An empirical relation, which is a one-dimensional heat-conductive transport model, is used to estimate heat flow and geothermal gradient. The model is based on Fourier's law. In a one-dimensional case under assumptions, the direction of temperature variation is vertical, and the temperature gradient is assumed to be constant. Using a Curie point temperature of 580 °C [9], the geothermal gradient was calculated, and it ranges from 19.839 to 26.002 °C km−1 with an average geothermal gradient of 22.959 °C km−1 (Figure 11).

Figure 11

Plot of the geothermal gradient of the study area.
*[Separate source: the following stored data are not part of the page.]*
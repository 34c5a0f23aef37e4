-- ===== src/Cul.antt =====
-- src/wmbus_cul.cc: the lines of the CUL receiver, `checkCULFrame`, and the loop of
-- `processSerialData` over the bytes that arrive.
pub mod Telegrams
pub mod Rounds
pub mod Runs
use wmbm_16brandnew.Prelude.{
  ℕ, zero, suc, ◌+◌, ◌-◌, ◌*◌, ◌/◌, ◌%◌, Bool, true, false, not, ◌&&◌, ◌||◌, Option, none, some,
  List, [], ◌∷◌, ◌++◌, Bytes, codes, get_or, take, drop, length, ltb, leb, ◌==◌, if◌then◌else◌,
}
use wmbm_16brandnew.Hex.{hex2bin_bytes, safe_string}
use wmbm_16brandnew.Frame.{
  Trim, trimmed, rejected, fault, stuck, byte_at, trim_crcs_format_a, trim_crcs_format_b,
}

-- A full frame has its length, its payload, and the strength of the signal below 0 dBm. `breaks_down`
-- is a read outside of a vector; `endless` stands for the end of the fuel of the trimming.
pub data Line : Type 0 where
  partial text in_error : Line
  full : ℕ → Bytes → ℕ → Line
  breaks_down endless : Line

unfoldable pub find_eol : Bytes → Option ℕ
find_eol [] = none
find_eol (b ∷ data_) =
    let later = find_eol data_ in
    if b == b'\n' then some 0 else elim later [ none ↦ none | some eolp ↦ some (suc eolp) ]

-- The byte for the strength is signed, and its half is cut towards zero.
unfoldable pub rssi_below : ℕ → ℕ
rssi_below rssi_raw = if ltb rssi_raw 128 then 74 - rssi_raw / 2 else 74 + (256 - rssi_raw) / 2

unfoldable pub of_trim : ℕ → ℕ → Trim → Line
of_trim eolp rssi (trimmed payload) = full eolp payload rssi
of_trim eolp rssi rejected = in_error
of_trim eolp rssi fault = breaks_down
of_trim eolp rssi stuck = endless

-- The telegram itself, where a `Y` in front of it announces the frame format B
unfoldable pub trim_hex : Bool → ℕ → ℕ → Bool × Bytes → Line
trim_hex is_b eolp rssi (false, payload) = in_error
trim_hex is_b eolp rssi (true, payload) =
    of_trim eolp rssi (if is_b then trim_crcs_format_b payload else trim_crcs_format_a payload)

-- What stands between the letters in front and the four digits behind, which end at `end`
unfoldable pub check_payload : Bytes → ℕ → ℕ → ℕ → Line
check_payload data_ eolp end rssi =
    let is_b = byte_at data_ 1 == b'Y' in
    let start = if is_b then 2 else 1 in
    if ltb (end - 4) start
    then breaks_down
    else trim_hex is_b eolp rssi (hex2bin_bytes (take (end - 4 - start) (drop start data_)) [])

-- The bytes LQI and RSSI behind the telegram; bad digits are only warned about.
unfoldable pub check_signal : Bytes → ℕ → ℕ → Bytes → Line
check_signal data_ eolp end [] = breaks_down
check_signal data_ eolp end (lqi ∷ []) = breaks_down
check_signal data_ eolp end (lqi ∷ rssi_raw ∷ _) =
    check_payload data_ eolp end (rssi_below rssi_raw)

unfoldable pub check_line : Bytes → ℕ → ℕ → Line
check_line data_ eolp end =
    if not (byte_at data_ 0 == b'b')
    then text
    else if ltb end 4
    then breaks_down
    else check_signal data_ eolp end (hex2bin_bytes (take 4 (drop (end - 4) data_)) []).1

-- `data[eolp-2]` is read first: the byte in front of the line feed, which may be missing.
unfoldable pub check_cul_frame : Bytes → Line
check_cul_frame data_ = elim (find_eol data_) [
  | none ↦ partial
  | some zero ↦ breaks_down
  | some (suc i) ↦ check_line data_ (i + 2) (if byte_at data_ i == b'\r' then i else i + 1)
]

-- `string::find`, as a test
unfoldable pub starts : Bytes → Bytes → Bool
starts [] data_ = true
starts (a ∷ word) [] = false
starts (a ∷ word) (b ∷ data_) = let rest = starts word data_ in (a == b) && rest

unfoldable pub occurs : Bytes → Bytes → Bool
occurs word [] = starts word []
occurs word (b ∷ data_) = let later = occurs word data_ in starts word (b ∷ data_) || later

-- `none` is the empty string.
unfoldable pub expected_responses : Bytes → Option Bytes
expected_responses data_ =
    let safe = safe_string data_ in
    if occurs (codes "CMODE") safe
    then some (codes "CMODE")
    else if occurs (codes "TMODE") safe
    then some (codes "TMODE")
    else if occurs (codes "SMODE") safe
    then some (codes "SMODE")
    else none

-- The telegrams that are handled, with the strengths of their signals, the response that is
-- announced to the one who waits for it, and what is left in the buffer
pub data Handled : Type 0 where
  handled : List (Bytes × ℕ) → Option Bytes → Bytes → Handled
  breaks_off out_of_fuel : Handled

unfoldable pub add_telegram : Bytes × ℕ → Handled → Handled
add_telegram t (handled ts response buffer) = handled (t ∷ ts) response buffer
add_telegram t breaks_off = breaks_off
add_telegram t out_of_fuel = out_of_fuel

-- `waiting` says that a command was sent; `next` is the loop on the rest of the buffer.
unfoldable pub act_on : Bool → Bytes → (Bytes → Handled) → Line → Handled
act_on waiting buffer next partial = handled [] none buffer
act_on waiting buffer next text =
    handled [] (if waiting then expected_responses buffer else none) []
act_on waiting buffer next in_error = handled [] none []
act_on waiting buffer next (full frame_length payload rssi) =
    add_telegram (payload, rssi) (next (drop frame_length buffer))
act_on waiting buffer next breaks_down = breaks_off
act_on waiting buffer next endless = out_of_fuel

unfoldable pub cul_loop : Bool → ℕ → Bytes → Handled
cul_loop waiting zero buffer = out_of_fuel
cul_loop waiting (suc fuel) buffer =
    act_on waiting buffer (cul_loop waiting fuel) (check_cul_frame buffer)

-- `processSerialData`: each round takes a line.
unfoldable pub process_cul_data : Bool → Bytes → Bytes → Handled
process_cul_data waiting buffer data_ =
    cul_loop waiting (length (buffer ++ data_) + 1) (buffer ++ data_)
The heat flow in the study area ranges from 49.608 to 65.005 mW/m2. The average heat flow obtained in the study area is 57.397 mW/m2 (Figure 12). This may be considered as typical of continental crust. And this is also consistent with the values of Curie point depth noted in this area. The areas with a high heat flow correspond to areas where we have anomalies. This depicts magnetic anomalies or areas where the crust is thin due to magmatic activities that took place during the tertiary period. The quantitative change in Curie depth observed in the study area implies that the heat flow in the study area is not uniform.

Figure 12

Plot of the heat flow.

Measurements have shown that a region with significant geothermal energy is characterized by an anomalous high temperature gradient and heat flow. It is expected that geothermically active areas will be associated with shallow Curie points.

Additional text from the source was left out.